__YOUR GOAL__:
Restate word for word the lines of the entries below, starting with the line that holds "(copy_from_slice (copy_from_slice (p" and ending with the line that holds "to_block_parts a b", and no others.

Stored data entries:

□ □ □

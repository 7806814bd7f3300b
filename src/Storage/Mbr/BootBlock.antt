-- ===== src/Storage/Mbr/BootBlock.antt =====
-- The block that `PartitionTable::to_block` makes: boot code, the entries' bytes, the magic number.
use usbarmory_rust.Prelude.{
  ℕ, ◌+◌, ◌^◌, ◌<◌, ◌≡◌, refl, sym, ap, ap₂, ◌∙◌, some, [], ◌∷◌, ◌++◌, append_assoc, arith, length,
  set, length-append, drop, replicate,
}
use usbarmory_rust.Prelude.Bytes.{Bytes}
use usbarmory_rust.Prelude.Splice.{take-append, drop-append, set-append}
use usbarmory_rust.Storage.Table.{PartitionEntry, Layout, copy_from_slice, to_block}

-- The fields have the widths that the source gives them.
pub record IsEntry (e : PartitionEntry) : Type 0 where
  pub status_byte : e.status < 256
  pub start_chs_bytes : (e.start_chs.0 < 256) × (e.start_chs.1 < 256) × (e.start_chs.2 < 256)
  pub part_type_byte : e.part_type < 256
  pub end_chs_bytes : (e.end_chs.0 < 256) × (e.end_chs.1 < 256) × (e.end_chs.2 < 256)
  pub start_lba_word : e.start_lba < 2 ^ 32
  pub num_sectors_word : e.num_sectors < 2 ^ 32

-- What the derived layout is relied on for: an entry takes 16 bytes, and the bytes of four entries
-- are read back as those entries.
pub record IsLayout (layout : Layout) : Type 0 where
  pub size : (e : PartitionEntry) → length (layout.as_bytes e) ≡ 16
  pub back :
      (a b c d : PartitionEntry)
      → IsEntry a × IsEntry b × IsEntry c × IsEntry d
      → layout.new_slice
          (layout.as_bytes a ++ (layout.as_bytes b ++ (layout.as_bytes c ++ layout.as_bytes d)))
        ≡ some (a ∷ b ∷ c ∷ d ∷ [])

copy-append :
    (p q bs : Bytes) (n : ℕ)
    → n ≡ length p
    → copy_from_slice (p ++ q) n bs ≡ (p ++ bs) ++ drop (length bs) q
copy-append p q bs n e =
    ap₂ (λ s t. s ++ (bs ++ t)) (take-append p q n e)
      (drop-append p q (n + length bs) (length bs) (omega arith))
    ∙ sym (append_assoc p bs (drop (length bs) q))

-- The four rounds of the loop of `to_block` and the magic number, over any boot code.
module _ (p a b c d : Bytes) (hp : length p ≡ 446) (ha : length a ≡ 16) (hb : length b ≡ 16)
    (hc : length c ≡ 16) (hd : length d ≡ 16) where
  round :
      (s q bs : Bytes) (n : ℕ)
      → n ≡ length s
      → length bs ≡ 16
      → copy_from_slice (s ++ q) n bs ≡ (s ++ bs) ++ drop 16 q
  round s q bs n e l = copy-append s q bs n e ∙ ap (λ k. (s ++ bs) ++ drop k q) l

  four_rounds :
      copy_from_slice
        (copy_from_slice
          (copy_from_slice (copy_from_slice (p ++ replicate 66 0) 446 a) (446 + length a) b)
          (446 + length a + length b)
          c)
        (446 + length a + length b + length c)
        d
      ≡ ((((p ++ a) ++ b) ++ c) ++ d) ++ (0 ∷ 0 ∷ [])
  four_rounds =
      rw
        (
          round p (replicate 66 0) a 446 (omega arith) ha,
          round (p ++ a) (replicate 50 0) b (446 + length a) (omega (arith, length-append p a)) hb,
          round ((p ++ a) ++ b) (replicate 34 0) c (446 + length a + length b)
              (omega (arith, length-append p a, length-append (p ++ a) b)) hc,
          round (((p ++ a) ++ b) ++ c) (replicate 18 0) d (446 + length a + length b + length c)
              (omega (
                arith,
                length-append p a,
                length-append (p ++ a) b,
                length-append ((p ++ a) ++ b) c,
              ))
              hd,
        )
        refl

  magic :
      (r : Bytes)
      → r ≡ ((((p ++ a) ++ b) ++ c) ++ d) ++ (0 ∷ 0 ∷ [])
      → set (set r 510 0x55) 511 0xAA ≡ p ++ ((a ++ (b ++ (c ++ d))) ++ 0x55 ∷ 0xAA ∷ [])
  magic r e =
      rw
        (
          e,
          set-append ((((p ++ a) ++ b) ++ c) ++ d) (0 ∷ 0 ∷ []) 510 0 0x55 (omega (arith, size)),
          set-append ((((p ++ a) ++ b) ++ c) ++ d) (0x55 ∷ 0 ∷ []) 511 1 0xAA (omega (arith, size)),
        )
        (simp append_assoc)
    where
      size : length ((((p ++ a) ++ b) ++ c) ++ d) ≡ 510
      size = omega (
        arith,
        length-append p a,
        length-append (p ++ a) b,
        length-append ((p ++ a) ++ b) c,
        length-append (((p ++ a) ++ b) ++ c) d,
      )

abbrev pub boot_code : Bytes
boot_code = replicate 446 0

module _ (layout : Layout) where
  unfoldable pub flat : PartitionEntry → PartitionEntry → PartitionEntry → PartitionEntry → Bytes
  flat a b c d =
      layout.as_bytes a ++ (layout.as_bytes b ++ (layout.as_bytes c ++ layout.as_bytes d))

  module _ (is_layout : IsLayout layout) where
    -- The block that `to_block` makes, part by part.
    pub to_block_parts :
        (a b c d : PartitionEntry) (i : ℕ)
        → (to_block layout (record { entries = a ∷ b ∷ c ∷ d ∷ []; index = i })).bytes
          ≡ boot_code ++ (flat a b c d ++ 0x55 ∷ 0xAA ∷ [])
    unfolding to_block flat
    to_block_parts a b c d i =
        magic boot_code (layout.as_bytes a) (layout.as_bytes b) (layout.as_bytes c)
          (layout.as_bytes d) refl (is_layout.size a) (is_layout.size b) (is_layout.size c)
          (is_layout.size d) _
          (four_rounds boot_code (layout.as_bytes a) (layout.as_bytes b) (layout.as_bytes c)
            (layout.as_bytes d) refl (is_layout.size a) (is_layout.size b) (is_layout.size c)
            (is_layout.size d))

    pub length-flat : (a b c d : PartitionEntry) → length (flat a b c d) ≡ 64
    unfolding flat
    length-flat a b c d = omega (
      arith,
      is_layout.size a,
      is_layout.size b,
      is_layout.size c,
      is_layout.size d,
      length-append (layout.as_bytes a)
          (layout.as_bytes b ++ (layout.as_bytes c ++ layout.as_bytes d)),
      length-append (layout.as_bytes b) (layout.as_bytes c ++ layout.as_bytes d),
      length-append (layout.as_bytes c) (layout.as_bytes d),
    )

□ □ □

__RESULT__:
          (copy_from_slice (copy_from_slice (p ++ replicate 66 0) 446 a) (446 + length a) b)
          (446 + length a + length b)
          c)
        (446 + length a + length b + length c)
        d
      ≡ ((((p ++ a) ++ b) ++ c) ++ d) ++ (0 ∷ 0 ∷ [])
  four_rounds =
      rw
        (
          round p (replicate 66 0) a 446 (omega arith) ha,
          round (p ++ a) (replicate 50 0) b (446 + length a) (omega (arith, length-append p a)) hb,
          round ((p ++ a) ++ b) (replicate 34 0) c (446 + length a + length b)
              (omega (arith, length-append p a, length-append (p ++ a) b)) hc,
          round (((p ++ a) ++ b) ++ c) (replicate 18 0) d (446 + length a + length b + length c)
              (omega (
                arith,
                length-append p a,
                length-append (p ++ a) b,
                length-append ((p ++ a) ++ b) c,
              ))
              hd,
        )
        refl

  magic :
      (r : Bytes)
      → r ≡ ((((p ++ a) ++ b) ++ c) ++ d) ++ (0 ∷ 0 ∷ [])
      → set (set r 510 0x55) 511 0xAA ≡ p ++ ((a ++ (b ++ (c ++ d))) ++ 0x55 ∷ 0xAA ∷ [])
  magic r e =
      rw
        (
          e,
          set-append ((((p ++ a) ++ b) ++ c) ++ d) (0 ∷ 0 ∷ []) 510 0 0x55 (omega (arith, size)),
          set-append ((((p ++ a) ++ b) ++ c) ++ d) (0x55 ∷ 0 ∷ []) 511 1 0xAA (omega (arith, size)),
        )
        (simp append_assoc)
    where
      size : length ((((p ++ a) ++ b) ++ c) ++ d) ≡ 510
      size = omega (
        arith,
        length-append p a,
        length-append (p ++ a) b,
        length-append ((p ++ a) ++ b) c,
        length-append (((p ++ a) ++ b) ++ c) d,
      )

abbrev pub boot_code : Bytes
boot_code = replicate 446 0

module _ (layout : Layout) where
  unfoldable pub flat : PartitionEntry → PartitionEntry → PartitionEntry → PartitionEntry → Bytes
  flat a b c d =
      layout.as_bytes a ++ (layout.as_bytes b ++ (layout.as_bytes c ++ layout.as_bytes d))

  module _ (is_layout : IsLayout layout) where
    -- The block that `to_block` makes, part by part.
    pub to_block_parts :
        (a b c d : PartitionEntry) (i : ℕ)
        → (to_block layout (record { entries = a ∷ b ∷ c ∷ d ∷ []; index = i })).bytes
          ≡ boot_code ++ (flat a b c d ++ 0x55 ∷ 0xAA ∷ [])
    unfolding to_block flat
    to_block_parts a b c d i =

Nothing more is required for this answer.